**EXERCISE AIM**
Calculate how many lines of the data hold "Type". The answer consists of that number only.

**EXERCISE DATA**
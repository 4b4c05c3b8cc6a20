-- ===== src/Gateway/DeviceCommands/Order.antt =====
-- The order in which a device gets its commands, over all that can happen to its lists.
use resfit.Prelude.{
  ℕ, ◌+◌, ◌≤◌, ◌≡◌, refl, sym, ap, ◌∙◌, subst, Bool, true, false, inl, inr, Option, List, [], ◌∷◌,
  ◌++◌, map, arith, Bool-cases, ◌==◌, cond_true, cond_false, not, ◌||◌, Exec, ok, ub, spent, ◌>>=◌,
}
use resfit.Prelude.Memory.{Bytes}
use resfit.Gateway.State.{AtlasCoapResponse}
use resfit.Gateway.DeviceCommands.{
  AtlasCommandDevice, CommandQueue, push_command, push_front, send_request, mark_command_as_done,
  mark_front, response_command_done, idle_front, answered, unless_empty,
}

abbrev pub numbers : List AtlasCommandDevice → List ℕ
numbers = map (λ (c : AtlasCommandDevice). c.sequence_number)

-- The numbers in the order of arrival: acknowledged, executed, received.
abbrev pub history : List ℕ → (exec_cmds recv_cmds : List AtlasCommandDevice) → List ℕ
history acked exec_cmds recv_cmds = acked ++ (numbers exec_cmds ++ numbers recv_cmds)

-- No command of a list is on its way.
unfoldable pub AllIdle : List AtlasCommandDevice → Type 0
AllIdle [] = Unit
AllIdle (c ∷ cs) = (c.in_progress ≡ false) × AllIdle cs

-- At most one request is waited for, and if there is one it is that of the first command, which is
-- the only one that can be marked.
unfoldable pub Waiting : ℕ → List AtlasCommandDevice → Type 0
unfolding AllIdle
Waiting p [] = p ≡ 0
Waiting p (c ∷ cs) = (p ≤ 1) × (c.in_progress ≡ false → p ≡ 0) × AllIdle cs

AllIdle-Waiting : (cs : List AtlasCommandDevice) → AllIdle cs → Waiting 0 cs
unfolding AllIdle Waiting
AllIdle-Waiting [] h = refl
AllIdle-Waiting (c ∷ cs) (h, hs) = (omega arith, λ e. refl, hs)

-- A new command.
AllIdle-append :
    (cs : List AtlasCommandDevice) (c : AtlasCommandDevice)
    → AllIdle cs
    → c.in_progress ≡ false
    → AllIdle (cs ++ c ∷ [])
unfolding AllIdle
AllIdle-append [] c h new = (new, tt)
AllIdle-append (d ∷ cs) c (h, hs) new = (h, AllIdle-append cs c hs new)

pub Waiting-append :
    (p : ℕ) (cs : List AtlasCommandDevice) (c : AtlasCommandDevice)
    → Waiting p cs
    → c.in_progress ≡ false
    → Waiting p (cs ++ c ∷ [])
unfolding Waiting
Waiting-append p [] c w new = (omega (arith, w), λ e. w, tt)
Waiting-append p (d ∷ cs) c (bound, none_sent, idle) new =
    (bound, none_sent, AllIdle-append cs c idle new)

pub numbers-append :
    (xs ys : List AtlasCommandDevice) → numbers (xs ++ ys) ≡ numbers xs ++ numbers ys
numbers-append [] ys = refl
numbers-append (x ∷ xs) ys = ap (λ ns. x.sequence_number ∷ ns) (numbers-append xs ys)

numbers-moved :
    (es : List AtlasCommandDevice) (c : AtlasCommandDevice) (cs : List AtlasCommandDevice)
    → numbers (es ++ c ∷ []) ++ numbers cs ≡ numbers es ++ numbers (c ∷ cs)
numbers-moved [] c cs = refl
numbers-moved (e ∷ es) c cs = ap (λ ns. e.sequence_number ∷ ns) (numbers-moved es c cs)

-- The commands in the order of their arrival: those that the cloud has acknowledged as done, those
-- that the device has executed, and those that it has still to execute.
pub record Ordered (acked accepted : List ℕ) (q : CommandQueue) : Type 0 where
  pub waiting : Waiting q.pending q.recv_cmds
  pub order : history acked q.exec_cmds q.recv_cmds ≡ accepted

-- What holds of the outcome of code if it has one.
unfoldable pub Each : (CommandQueue → Type 0) → Exec CommandQueue → Type 0
Each P (ok q) = P q
Each P ub = Unit
Each P spent = Unit

Each-bind :
    (P R : CommandQueue → Type 0) (m : Exec CommandQueue) (f : CommandQueue → Exec CommandQueue)
    → Each P m
    → ((q : CommandQueue) → P q → Each R (f q))
    → Each R (m >>= f)
unfolding Each
Each-bind P R (ok q) f h k = k q h
Each-bind P R ub f h k = tt
Each-bind P R spent f h k = tt

Each-any :
    {B : Type 0} (P : CommandQueue → Type 0) (m : Exec B) (f : B → CommandQueue)
    → ((b : B) → P (f b))
    → Each P (m >>= λ b. ok (f b))
unfolding Each
Each-any P (ok b) f h = h b
Each-any P ub f h = tt
Each-any P spent f h = tt

module _ (acked accepted : List ℕ) where
  reordered :
      (q r : CommandQueue) (cs : List AtlasCommandDevice)
      → Ordered acked accepted q
      → q.recv_cmds ≡ cs
      → r.exec_cmds ≡ q.exec_cmds
      → numbers r.recv_cmds ≡ numbers cs
      → Waiting r.pending r.recv_cmds
      → Ordered acked accepted r
  reordered q r cs o e same n w = record {
    waiting = w;
    order =
        ap (λ es. history acked es r.recv_cmds) same
        ∙ ap (λ ns. acked ++ (numbers q.exec_cmds ++ ns)) (n ∙ ap numbers (sym e))
        ∙ o.order;
  }

  send_request-Ordered :
      (sends : Bool) (q : CommandQueue) (c : AtlasCommandDevice) (cs : List AtlasCommandDevice)
      (bytes : Option Bytes)
      → c.in_progress ≡ false
      → q.recv_cmds ≡ c ∷ cs
      → Ordered acked accepted q
      → Ordered acked accepted (send_request sends q c cs bytes)
  unfolding Waiting
  send_request-Ordered false q c cs bytes idle e o = o
  send_request-Ordered true q c cs bytes idle e o =
      let (bound, none_sent, rest) : Waiting q.pending (c ∷ cs) =
        subst (Waiting q.pending) e o.waiting in
      let zero : q.pending ≡ 0 = none_sent idle in
      reordered q _ (c ∷ cs) o e refl refl (omega (arith, zero), λ h. absurd cc, rest)

  push_front-Ordered :
      (sends : Bool) (q : CommandQueue) (cs : List AtlasCommandDevice)
      → q.recv_cmds ≡ cs
      → Ordered acked accepted q
      → Each (Ordered acked accepted) (push_front sends q cs)
  unfolding Each
  push_front-Ordered sends q [] e o = o
  push_front-Ordered sends q (c ∷ cs) e o = elim (Bool-cases (not q.registered || c.in_progress)) [
    | inl h ↦ subst (Each (Ordered acked accepted)) (sym (cond_true _ _ h)) o
    | inr h ↦
        let idle : c.in_progress ≡ false = ground (arith, h) in
        subst (Each (Ordered acked accepted)) (sym (cond_false _ _ h)) (
          Each-any (Ordered acked accepted) _ _
            (λ bytes. send_request-Ordered sends q c cs bytes idle e o))
  ]

  pub push-Ordered :
      (sends : Bool) (q : CommandQueue)
      → Ordered acked accepted q
      → Each (Ordered acked accepted) (push_command sends q)
  unfolding push_command
  push-Ordered sends q o = push_front-Ordered sends q q.recv_cmds refl o

  pub response-Ordered :
      (q : CommandQueue) (cs : List AtlasCommandDevice)
      → Ordered acked accepted q
      → Each (Ordered acked accepted) (response_command_done q cs)
  unfolding Each
  response-Ordered q [] o = tt
  response-Ordered q (c ∷ cs) o = record { waiting = o.waiting; order = o.order }

  -- A state in which no request is waited for and the first command can be marked.
  record Released (q : CommandQueue) (c : AtlasCommandDevice) (cs : List AtlasCommandDevice)
      : Type 0 where
    none_pending : q.pending ≡ 0
    received : q.recv_cmds ≡ c ∷ cs
    idle : AllIdle cs
    in_order : history acked q.exec_cmds (c ∷ cs) ≡ accepted

  Released-Ordered :
      (q r : CommandQueue) (c d : AtlasCommandDevice) (cs : List AtlasCommandDevice)
      → Released q c cs
      → r.pending ≡ q.pending
      → r.exec_cmds ≡ q.exec_cmds
      → r.recv_cmds ≡ d ∷ cs
      → d.sequence_number ≡ c.sequence_number
      → Ordered acked accepted r
  unfolding Waiting
  Released-Ordered q r c d cs o p x e n = record {
    waiting =
        subst (λ l. Waiting r.pending l) (sym e)
          (omega (arith, p, o.none_pending), λ h. p ∙ o.none_pending, o.idle);
    order =
        ap (λ es. history acked es r.recv_cmds) x
        ∙ ap (history acked q.exec_cmds) e
        ∙ ap (λ k. acked ++ (numbers q.exec_cmds ++ k ∷ numbers cs)) n
        ∙ o.in_order;
  }

  unmarked-Ordered :
      (q : CommandQueue) (c : AtlasCommandDevice) (cs : List AtlasCommandDevice) (timeouts : ℕ)
      → Released q c cs
      → Ordered acked accepted
          (record q { recv_cmds = idle_front q.recv_cmds; device_cmd_timeouts = timeouts })
  unmarked-Ordered q c cs timeouts o =
      Released-Ordered q _ c (record c { in_progress = false }) cs o refl refl
        (ap idle_front o.received) refl

  mark-Ordered :
      (marked : Bool) (q : CommandQueue) (c : AtlasCommandDevice) (cs : List AtlasCommandDevice)
      → Released q c cs
      → Each (Ordered acked accepted) (mark_command_as_done marked q)
  unfolding mark_command_as_done Each
  mark-Ordered false q c cs o =
      subst (λ l. Each (Ordered acked accepted) (mark_front false q l)) (sym o.received)
        (Released-Ordered q q c c cs o refl refl o.received refl)
  mark-Ordered true q c cs o =
      subst (λ l. Each (Ordered acked accepted) (mark_front true q l)) (sym o.received)
        (response-Ordered (record q { exec_cmds = q.exec_cmds ++ c ∷ []; recv_cmds = cs })
          (q.exec_cmds ++ c ∷ [])
          (record {
            waiting = subst (λ p. Waiting p cs) (sym o.none_pending) (AllIdle-Waiting cs o.idle);
            order = ap (λ ns. acked ++ ns) (numbers-moved q.exec_cmds c cs) ∙ o.in_order;
          }))

  answered-Ordered :
      (status : AtlasCoapResponse) (marked sends : Bool) (q : CommandQueue) (c : AtlasCommandDevice)
      (cs : List AtlasCommandDevice)
      → Released q c cs
      → Each (Ordered acked accepted) (answered status marked sends q)
  unfolding Each
  answered-Ordered AtlasCoapResponse.ok marked sends q c cs o =
      Each-bind (Ordered acked accepted) (Ordered acked accepted) _ (push_command sends)
        (mark-Ordered marked (record q { device_cmd_timeouts = 0 }) c cs
          (record {
            none_pending = o.none_pending;
            received = o.received;
            idle = o.idle;
            in_order = o.in_order;
          }))
        (push-Ordered sends)
  answered-Ordered AtlasCoapResponse.timeout marked sends q c cs o =
      elim (Bool-cases (q.device_cmd_timeouts == 3)) [
        | inl h ↦
            subst (Each (Ordered acked accepted)) (sym (cond_true _ _ h))
              (unmarked-Ordered q c cs 0 o)
        | inr h ↦
            subst (Each (Ordered acked accepted)) (sym (cond_false _ _ h))
              (push-Ordered sends _ (unmarked-Ordered q c cs _ o))
      ]
  answered-Ordered AtlasCoapResponse.not_found marked sends q c cs o = unmarked-Ordered q c cs 0 o
  answered-Ordered AtlasCoapResponse.not_acceptable marked sends q c cs o =
      unmarked-Ordered q c cs 0 o
  answered-Ordered AtlasCoapResponse.reset marked sends q c cs o = unmarked-Ordered q c cs 0 o
  answered-Ordered AtlasCoapResponse.unknown marked sends q c cs o = unmarked-Ordered q c cs 0 o

  -- The answer to a request that is waited for.
  pub callback-Ordered :
      (status : AtlasCoapResponse) (marked sends : Bool) (q : CommandQueue) (n : ℕ)
      (l : List AtlasCommandDevice)
      → q.recv_cmds ≡ l
      → q.pending ≡ n + 1
      → Ordered acked accepted q
      → Each (Ordered acked accepted) (
          unless_empty l
            (record q { pending = n })
            (answered status marked sends (record q { pending = n })))
  unfolding Waiting
  callback-Ordered status marked sends q n [] e p o =
      let w : q.pending ≡ 0 = subst (Waiting q.pending) e o.waiting in absurd (omega (arith, w, p))
  callback-Ordered status marked sends q n (c ∷ cs) e p o =
      let (bound, none_sent, idle) : Waiting q.pending (c ∷ cs) =
        subst (Waiting q.pending) e o.waiting in
      answered-Ordered status marked sends (record q { pending = n }) c cs
        (record {
          none_pending = omega (arith, bound, p);
          received = e;
          idle = idle;
          in_order = ap (history acked q.exec_cmds) (sym e) ∙ o.order;
        })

**THE COMPLETED TASK**
7